[Saved data entries]
********

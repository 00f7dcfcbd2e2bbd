-- ===== src/Orchestrator/Charter/Laws.antt =====
-- What the two checks of the charter let pass.
use talki_llm_admission_sche.Base.{
  ◌<◌, leb, ◌≡◌, ◌≢◌, refl, ◌↔◌, inl, inr, Bool, true, false, not, Bool-cases, Option, none, some,
  List, [], ◌∷◌, All, arith, map, codes,
}
use talki_llm_admission_sche.Orchestrator.Text.{Text, occurs_in, splitlines, strip}
use talki_llm_admission_sche.Orchestrator.Glob.{glob}
use talki_llm_admission_sche.Orchestrator.Glob.Laws.{Fits, glob_iff}
use talki_llm_admission_sche.Orchestrator.Charter.Reflect.{
  iff_trans, fails_iff, Occurs, occurs_in_iff,
}
use talki_llm_admission_sche.Orchestrator.Charter.Meaning.{
  IsAgent, is_agent_pr_iff, IsPassing, is_passing_iff, ChangesDependency, changes_dependency_iff,
  IsAdded, is_added_iff, IsFinished, is_placeholder_iff, has_todo_iff,
}
use talki_llm_admission_sche.Orchestrator.Charter.{
  PullRequest, ChangedFile, CheckRun, Reason, no_agent, check_failed, diff_too_long, dependency,
  placeholder_in, todo_in, missing_section, ◌or_else◌, first_reason, first_match, unless,
  forbidden_patterns, matches_forbidden, is_agent_pr, is_passing, check_run, check_runs_done,
  check_zone, zone_of, diff_lines, check_diff, changes_dependency, check_dependency, is_added,
  rest_of, is_placeholder, has_todo, check_added, check_line, check_patch, required_sections,
  check_section, check_charter_3,
}

or_else_iff : (a b : Option Reason) → ((a or_else b) ≡ none) ↔ ((a ≡ none) × (b ≡ none))
or_else_iff none b = (λ h. (refl, h), λ h. h.1)
or_else_iff (some e) b = (λ h. absurd (cc), λ h. absurd (cc))

unless_iff : (b : Bool) (e : Reason) → (unless b e ≡ none) ↔ (b ≡ true)
unless_iff true e = (λ h. refl, λ h. refl)
unless_iff false e = (λ h. absurd (cc), λ h. absurd (cc))

pub first_reason_iff {ℓ κ} :
    {A : Type ℓ} (P : A → Type κ) (f : A → Option Reason)
    → ((x : A) → (f x ≡ none) ↔ P x)
    → (l : List A) → (first_reason f l ≡ none) ↔ All P l
unfolding first_reason
first_reason_iff P f each [] = (λ h. tt, λ h. refl)
first_reason_iff P f each (x ∷ l) =
    let rest = first_reason_iff P f each l in
    let both = or_else_iff (f x) (first_reason f l) in
    (λ h. ((each x).0 (both.0 h).0, rest.0 (both.0 h).1), λ h. both.1 ((each x).1 h.0, rest.1 h.1))

-- No pattern of a list fits a path.
abbrev pub IsFree : List Text → Text → Type 0
IsFree pats path = All (λ pat. ¬ Fits pat path) pats

pub first_match_iff :
    (pats : List Text) (path : Text) → (first_match pats path ≡ none) ↔ IsFree pats path
unfolding first_match
first_match_iff [] path = (λ h. tt, λ h. refl)
first_match_iff (pat ∷ pats) path = elim (Bool-cases (glob pat path)) [
  | inl e ↦ rw (e, first_match) (λ h. absurd (cc), λ h. absurd (h.0 ((glob_iff pat path).0 e)))
  | inr e ↦
      let rest = first_match_iff pats path in
      rw (e, first_match)
        (λ h. (λ fits. cc (e, (glob_iff pat path).1 fits), rest.0 h), λ h. rest.1 h.1)
]

zone_of_iff : (f : ChangedFile) (o : Option Text) → (zone_of f o ≡ none) ↔ (o ≡ none)
zone_of_iff f none = (λ h. refl, λ h. refl)
zone_of_iff f (some pat) = (λ h. absurd (cc), λ h. absurd (cc))

pub check_zone_iff :
    (f : ChangedFile) → (check_zone f ≡ none) ↔ IsFree forbidden_patterns f.filename
unfolding matches_forbidden
check_zone_iff f =
    iff_trans (zone_of_iff f (matches_forbidden f.filename))
      (first_match_iff forbidden_patterns f.filename)

not_iff : (b : Bool) → (not b ≡ true) ↔ (b ≡ false)
not_iff true = (λ h. absurd (cc), λ h. absurd (cc))
not_iff false = (λ h. refl, λ h. refl)

pub refused_iff : (b : Bool) (e : Reason) → (unless (not b) e ≡ none) ↔ (b ≡ false)
refused_iff b e = iff_trans (unless_iff (not b) e) (not_iff b)

pub refused_unless {ℓ} :
    {P : Type ℓ} (b : Bool) (e : Reason) → (b ≡ true) ↔ P → (unless (not b) e ≡ none) ↔ (¬ P)
refused_unless b e h = iff_trans (refused_iff b e) (fails_iff b h)

-- An added line, without its sign and the spaces around it, is no work to do.
abbrev pub IsClean : Text → Type 0
IsClean line = IsAdded line → IsFinished (strip (rest_of line))

pub both_iff {ℓ κ} :
    {P : Type ℓ} {Q : Type κ} (a b : Option Reason)
    → (a ≡ none) ↔ P
    → (b ≡ none) ↔ Q
    → ((a or_else b) ≡ none) ↔ (P × Q)
both_iff a b p q = iff_trans (or_else_iff a b) (λ h. (p.0 h.0, q.0 h.1), λ h. (p.1 h.0, q.1 h.1))

check_added_iff : (filename s : Text) → (check_added filename s ≡ none) ↔ IsFinished s
check_added_iff filename s =
    both_iff (unless (not (is_placeholder s)) (placeholder_in s filename))
      (unless (not (has_todo s)) (todo_in filename))
      (refused_unless (is_placeholder s) (placeholder_in s filename) (is_placeholder_iff s))
      (refused_unless (has_todo s) (todo_in filename) (has_todo_iff s))

check_line_iff : (filename line : Text) → (check_line filename line ≡ none) ↔ IsClean line
check_line_iff filename line = elim (Bool-cases (is_added line)) [
  | inl e ↦
      let both = check_added_iff filename (strip (rest_of line)) in
      let added = (is_added_iff line).0 e in
      rw (e, check_line) (λ h a. both.0 h, λ h. both.1 (h added))
  | inr e ↦
      let other = (fails_iff (is_added line) (is_added_iff line)).0 e in
      rw (e, check_line) (λ h a. absurd (other a), λ h. refl)
]

-- What section 3 of the charter asks of a pull request that is merged with no human review.
pub record IsMergeable (pr : PullRequest) (files : List ChangedFile) (runs : List CheckRun)
    : Type 0 where
  pub agent : IsAgent pr.login
  pub checked : runs ≢ []
  pub passing : All (λ r. IsPassing r.conclusion) runs
  pub zones : All (λ f. IsFree forbidden_patterns f.filename) files
  pub short : diff_lines files < 400
  pub dependencies : All (λ f. ¬ ChangesDependency f) files
  pub clean : All (λ f. All IsClean (splitlines f.patch)) files
  pub sections :
      All (λ section. Occurs section pr.body) (map codes ("## What" ∷ "## Why" ∷ "## Test" ∷ []))

runs_iff :
    (runs : List CheckRun)
    → (check_runs_done runs ≡ none) ↔ ((runs ≢ []) × All (λ r. IsPassing r.conclusion) runs)
runs_iff [] = (λ h. absurd (cc), λ h. absurd (h.0 refl))
runs_iff (r ∷ runs) =
    let each =
      first_reason_iff (λ r. IsPassing r.conclusion) check_run
        (λ r.
          iff_trans (unless_iff (is_passing r.conclusion) (check_failed r.name r.conclusion))
            (is_passing_iff r.conclusion))
        (r ∷ runs) in
    (λ h. ((λ e. cc), each.0 h), λ h. each.1 h.1)

diff_iff : (files : List ChangedFile) → (check_diff files ≡ none) ↔ (diff_lines files < 400)
diff_iff files =
    iff_trans (refused_iff (leb 400 (diff_lines files)) (diff_too_long (diff_lines files)))
      (λ h. ground arith, λ h. ground arith)

pub check_charter_3_iff :
    (pr : PullRequest) (files : List ChangedFile) (runs : List CheckRun)
    → (check_charter_3 pr files runs ≡ none) ↔ IsMergeable pr files runs
unfolding check_charter_3
check_charter_3_iff pr files runs =
    let sections =
      first_reason_iff (λ section. Occurs section pr.body) (check_section pr.body)
        (λ section.
          iff_trans (unless_iff (occurs_in section pr.body) (missing_section section))
            (occurs_in_iff section pr.body))
        required_sections in
    let clean =
      first_reason_iff (λ f. All IsClean (splitlines f.patch)) check_patch
        (λ f.
          first_reason_iff IsClean (check_line f.filename) (check_line_iff f.filename)
            (splitlines f.patch))
        files in
    let dependencies =
      first_reason_iff (λ f. ¬ ChangesDependency f) check_dependency
        (λ f.
          refused_unless (changes_dependency f) (dependency f.filename) (changes_dependency_iff f))
        files in
    let zones =
      first_reason_iff (λ f. IsFree forbidden_patterns f.filename) check_zone check_zone_iff
        files in
    let all =
      both_iff _ _
        (iff_trans (unless_iff (is_agent_pr pr.login) no_agent) (is_agent_pr_iff pr.login))
        (both_iff _ _ (runs_iff runs) (
          both_iff _ _ zones (
            both_iff _ _ (diff_iff files)
              (both_iff _ _ dependencies (both_iff _ _ clean sections))))) in
    iff_trans all (
      λ h. record {
        agent = h.0;
        checked = h.1.0.0;
        passing = h.1.0.1;
        zones = h.1.1.0;
        short = h.1.1.1.0;
        dependencies = h.1.1.1.1.0;
        clean = h.1.1.1.1.1.0;
        sections = h.1.1.1.1.1.1;
      },
      λ m. (
        m.agent,
        ((m.checked, m.passing), (m.zones, (m.short, (m.dependencies, (m.clean, m.sections))))),
      ),
    )
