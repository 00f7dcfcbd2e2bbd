-- ===== src/Orchestrator/Backend/Paths/Laws.antt =====
-- What the check of the paths accepts, and where an accepted path may lead.
use mathlib.Core.Path.{subst}
use talki_llm_admission_sche.Base.{
  ◌≡◌, ◌≢◌, refl, sym, ◌∙◌, ◌↔◌, ◌&&◌, if◌then◌else◌, false, Option, none, some, List, [], ◌∷◌,
  ◌++◌, codes, All,
}
use talki_llm_admission_sche.Orchestrator.Text.{
  Text, starts_with, strip, lstrip_by, rstrip_by, is_space, is_empty,
}
use talki_llm_admission_sche.Orchestrator.Charter.{matches_forbidden, forbidden_patterns}
use talki_llm_admission_sche.Orchestrator.Charter.Laws.{IsFree, first_match_iff}
use talki_llm_admission_sche.Orchestrator.Charter.Reflect.{iff_trans}
use talki_llm_admission_sche.Orchestrator.Backend.{FileChange, GeneratedChanges}
use talki_llm_admission_sche.Orchestrator.Backend.Paths.{
  lstrip_slash, checked_path, hit_of, bad_path, bad_paths, all_files, validate_paths, joined,
}

-- The path that is checked is not empty and fits no pattern of the forbidden zones.
pub record IsAccepted (f : FileChange) : Type 0 where
  pub present : checked_path f ≢ []
  pub free : IsFree forbidden_patterns (checked_path f)

append_nil_iff {ℓ} : {A : Type ℓ} (l k : List A) → ((l ++ k) ≡ []) ↔ ((l ≡ []) × (k ≡ []))
append_nil_iff [] k = (λ h. (refl, h), λ h. h.1)
append_nil_iff (x ∷ l) k = (λ h. absurd (cc), λ h. absurd (cc))

hit_of_iff : (p : Text) (o : Option Text) → (hit_of p o ≡ []) ↔ (o ≡ none)
hit_of_iff p none = (λ h. refl, λ h. refl)
hit_of_iff p (some hit) = (λ h. absurd (cc), λ h. absurd (cc))

bad_path_iff : (p : Text) → (bad_path p ≡ []) ↔ ((p ≢ []) × IsFree forbidden_patterns p)
unfolding matches_forbidden
bad_path_iff [] = (λ h. absurd (cc), λ h. absurd (h.0 refl))
bad_path_iff (c ∷ p) =
    let rest =
      iff_trans (hit_of_iff (c ∷ p) (matches_forbidden (c ∷ p)))
        (first_match_iff forbidden_patterns (c ∷ p)) in
    (λ h. ((λ e. cc), rest.0 h), λ h. rest.1 h.1)

bad_paths_iff : (files : List FileChange) → (bad_paths files ≡ []) ↔ All IsAccepted files
unfolding bad_paths
bad_paths_iff [] = (λ h. tt, λ h. refl)
bad_paths_iff (f ∷ files) =
    let rest = bad_paths_iff files in
    let this = bad_path_iff (checked_path f) in
    let both = append_nil_iff (bad_path (checked_path f)) (bad_paths files) in
    (
      λ h.
          let (p, q) = this.0 (both.0 h).0 in
          (record { present = p; free = q }, rest.0 (both.0 h).1),
      λ h. both.1 (this.1 (h.0.present, h.0.free), rest.1 h.1),
    )

-- The backend agent accepts a change exactly if each path of its files and its tests, with the space
-- around it and the slashes before it taken off, is not empty and fits no pattern of the forbidden zones.
pub validate_paths_iff :
    (changes : GeneratedChanges)
    → (validate_paths changes ≡ []) ↔ All IsAccepted (all_files changes)
unfolding validate_paths
validate_paths_iff changes = bad_paths_iff (all_files changes)

at_equal : (pats : List Text) {p q : Text} → p ≡ q → IsFree pats q → IsFree pats p
at_equal pats e = subst (λ t. IsFree pats t) (sym e)

slash_kept :
    (r : Text) → lstrip_slash (if is_empty r && false then [] else b'/' ∷ r) ≡ lstrip_slash r
unfolding lstrip_by
slash_kept [] = refl
slash_kept (c ∷ r) = refl

slash_before :
    (p : Text)
    → lstrip_by is_space p ≡ p
    → lstrip_slash (strip (codes "/" ++ p)) ≡ lstrip_slash (strip p)
unfolding strip lstrip_by rstrip_by
slash_before p h = rw h (slash_kept (rstrip_by is_space p))

-- A path that the backend agent accepts, and that does not begin with a space, it accepts with a slash
-- before it too; but then the file is written under the root of the file system, outside the worktree.
pub absolute_path_accepted :
    (root p : Text) (content : Option Text)
    → lstrip_by is_space p ≡ p
    → IsAccepted (record { path = some p; content = content })
    → IsAccepted (record { path = some (codes "/" ++ p); content = content })
      × (joined root (codes "/" ++ p) ≡ codes "/" ++ p)
absolute_path_accepted root p content h accepted =
    let same = slash_before p h in
    (
      record {
        present = λ e. accepted.present (sym same ∙ e);
        free = at_equal forbidden_patterns same accepted.free;
      },
      unfold starts_with in refl,
    )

********

As listed above, the lines from the line with "(a ≡ none) ↔ P" to the line with "both_iff (unless (not" are to be echoed exactly, with both ends included and nothing added.

## Final answer
    → (a ≡ none) ↔ P
    → (b ≡ none) ↔ Q
    → ((a or_else b) ≡ none) ↔ (P × Q)
both_iff a b p q = iff_trans (or_else_iff a b) (λ h. (p.0 h.0, q.0 h.1), λ h. (p.1 h.0, q.1 h.1))

check_added_iff : (filename s : Text) → (check_added filename s ≡ none) ↔ IsFinished s
check_added_iff filename s =
    both_iff (unless (not (is_placeholder s)) (placeholder_in s filename))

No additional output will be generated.